Defining a new paradigm, the core of the OBF will be embraced as the heart of the building. Rather than group all of the lateral bracing into a solid concrete cluster at the building center, the OBF expands the bracing system into an open tube of precast concrete latticework that surrounds a light-filled, centralized atria. With lateral loads more broadly distributed, the assemblage is more structurally efficient yet less material intensive. Due to the system’s inherent “plug and play” flexibility, the independence of the structural core allows for programmatic units such as mechanical rooms or elevators to be added or replaced years after completion.
When natural ventilation is not possible, fresh air is supplied though small floor-mounted vents to provide each occupant with personal control. Inconspicuous overhead heating and cooling will efficiently maintain proper temperature.
Case Study: Applying the System
To explore the OBF’s potential, the modular system was applied to a one million gross square foot, two-phased, mixed-use development that achieves a successful programmatic balance of office, retail, residential and parking. Although the OBF is conceived as an office building, its programmatic composition will be increasingly mixed to be viable in future real estate markets.
The Implications of Site Selection
Every successful sustainability program begins with an informed site selection. Although a number of potential cities were considered for the OBF, Seattle was selected, as it is home to several significant tech companies and their educated workforces. With its Seattle 2030 district, the city also offers a proactive community that has long been a proponent of environmental stewardship and sustainability.
While overcast conditions are common, climatic data suggest that Seattle would also provide ample opportunities for direct sunlight, and the city offers immediate access to both the ocean and the mountains, which are distinct advantages and amenities.

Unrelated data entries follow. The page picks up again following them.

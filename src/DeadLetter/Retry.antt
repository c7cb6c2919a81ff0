-- ===== src/DeadLetter/Retry.antt =====
-- What a change of one row, and the retry of one record, do to a row.
use mathlib.Core.Option
use syndicateclaw.Base.{
  ◌≡◌, refl, ◌∙◌, ap, none, some, String, ◌==◌, string_eq, eq_iff, if◌then◌else◌, Bool-cases,
  Option-cases, inl, inr,
}
use syndicateclaw.Storage.{Sessions}
use syndicateclaw.DeadLetter.Queue.{DeadLetter, change_row}

module _ {P : Type 0} (S : Sessions (DeadLetter P) (λ r. r.id)) where
  pub get-change_row :
      (f : DeadLetter P → DeadLetter P)
      → ((r : DeadLetter P) → (f r).id ≡ r.id)
      → (k id : String) (d : S.Db)
      → S.get k (change_row S id f d) ≡ (if id == k then Option.map f (S.get k d) else S.get k d)
  get-change_row f keeps k id d = elim (Option-cases (S.get id d)) [
    | inl n ↦ elim (Bool-cases (id == k)) [
      | inl t ↦
          let same : id ≡ k = (eq_iff id k).0 t in
          let n' : S.get k d ≡ none = rw (← same) n in rw (n, change_row) (rw t (rw n' refl))
      | inr f ↦ rw (n, change_row) (rw f refl)
    ]
    | inr (row, e) ↦
        let named : (f row).id ≡ id = keeps row ∙ (S.rows_all id d e).1 in
        let test : ((f row).id == k) ≡ (id == k) = ap (λ x. x == k) named in
        rw (e, change_row)
          (rw (S.get-merge k (f row) d) (
            rw test (elim (Bool-cases (id == k)) [
              | inl t ↦
                  let same : id ≡ k = (eq_iff id k).0 t in
                  let e' : S.get k d ≡ some row = rw (← same) e in rw t (rw e' refl)
              | inr f ↦ rw f refl
            ])))
  ]
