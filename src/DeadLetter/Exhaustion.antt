-- ===== src/DeadLetter/Exhaustion.antt =====
-- The retries of an event that the store never takes.
use syndicateclaw.Base.{
  ℕ, suc, ◌≤◌, ◌≡◌, refl, ◌∙◌, Bool, true, false, some, String, ◌==◌, string_eq, Bool-cases, inl,
  inr, arith, leb,
}
use syndicateclaw.Storage.{Sessions}
use syndicateclaw.DeadLetter.Queue.{
  DeadLetter, failed_permanent, World, is_eligible, exhausted, retried_at, retry_row,
}
use syndicateclaw.DeadLetter.Retry.{get-change_row}

module _ {P A : Type 0} (S : Sessions (DeadLetter P) (λ r. r.id))
    (emits : P → World S A → Bool × World S A) where
  -- The service raises for every event, and leaves the table of the queue alone.
  abbrev pub Refuses : Type 0
  Refuses = (p : P) (w : World S A) → ((emits p w).0 ≡ false) × ((emits p w).1.db ≡ w.db)

  -- The record `k` is given up.
  pub record GivenUp (k : String) (d : S.Db) : Type 0 where
    pub row : DeadLetter P
    pub stored : S.get k d ≡ some row
    pub failed : row.status ≡ failed_permanent

  -- The record `k` is to be retried, at most `m` times, of which `c` at least are over.
  pub record Waiting (k : String) (m c : ℕ) (d : S.Db) : Type 0 where
    pub row : DeadLetter P
    pub stored : S.get k d ≡ some row
    pub eligible : is_eligible row ≡ true
    pub limit : row.max_retries ≡ m
    pub count : c ≤ row.retry_count

  module _ (refuses : Refuses) (now : ℕ) (k : String) where
    pub row_other :
        (rec : DeadLetter P) (w : World S A)
        → (rec.id == k) ≡ false
        → S.get k (retry_row S emits now rec w).1.db ≡ S.get k w.db
    unfolding retry_row
    row_other rec w f = elim (Bool-cases (leb rec.max_retries rec.retry_count)) [
      | inl x ↦ rw x (get-change_row S exhausted (λ r. refl) k rec.id w.db ∙ rw f refl)
      | inr x ↦
          let (sent, kept) = refuses rec.event_payload w in
          rw x (
            rw sent
              (get-change_row S (retried_at now) (λ r. refl) k rec.id _ ∙ rw f (rw kept refl)))
    ]

    pub row_exhausted :
        (rec : DeadLetter P) (w : World S A) {r : DeadLetter P}
        → (rec.id == k) ≡ true
        → leb rec.max_retries rec.retry_count ≡ true
        → S.get k w.db ≡ some r
        → GivenUp k (retry_row S emits now rec w).1.db
    unfolding retry_row
    row_exhausted rec w {r} t x e = record {
      row = exhausted r;
      stored = rw x (get-change_row S exhausted (λ r. refl) k rec.id w.db ∙ rw t (rw e refl));
      failed = refl;
    }

    pub row_retried :
        (rec : DeadLetter P) (w : World S A) (m c : ℕ)
        → (rec.id == k) ≡ true
        → leb rec.max_retries rec.retry_count ≡ false
        → Waiting k m c w.db
        → Waiting k m (suc c) (retry_row S emits now rec w).1.db
    unfolding retry_row
    row_retried rec w m c t x h =
        let (sent, kept) = refuses rec.event_payload w in
        record {
          row = retried_at now h.row;
          stored = rw x (
              rw sent (
                get-change_row S (retried_at now) (λ r. refl) k rec.id _
                ∙ rw t (rw kept (rw h.stored refl))));
          eligible = h.eligible;
          limit = h.limit;
          count = omega (arith, h.count);
        }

The real estate and development community is active, with a number of potential sites. Ultimately it was decided to site the OBF on the prominent corner of Westlake and Eighth Avenues within Seattle’s Denny Triangle Neighborhood, an underdeveloped area at the edge of the central business district. With direct access to public transportation, its gently rising terrain offers views of the harbor.
Phase One is a 248,000 gross square foot mid-rise office composed of two buildings of eight and nine stories unified by an open diagrid core. Phase Two is a 47,000 gross square foot low-rise residential building and a 607,000 gross square foot, 32-story office tower offering dramatic views of the harbor.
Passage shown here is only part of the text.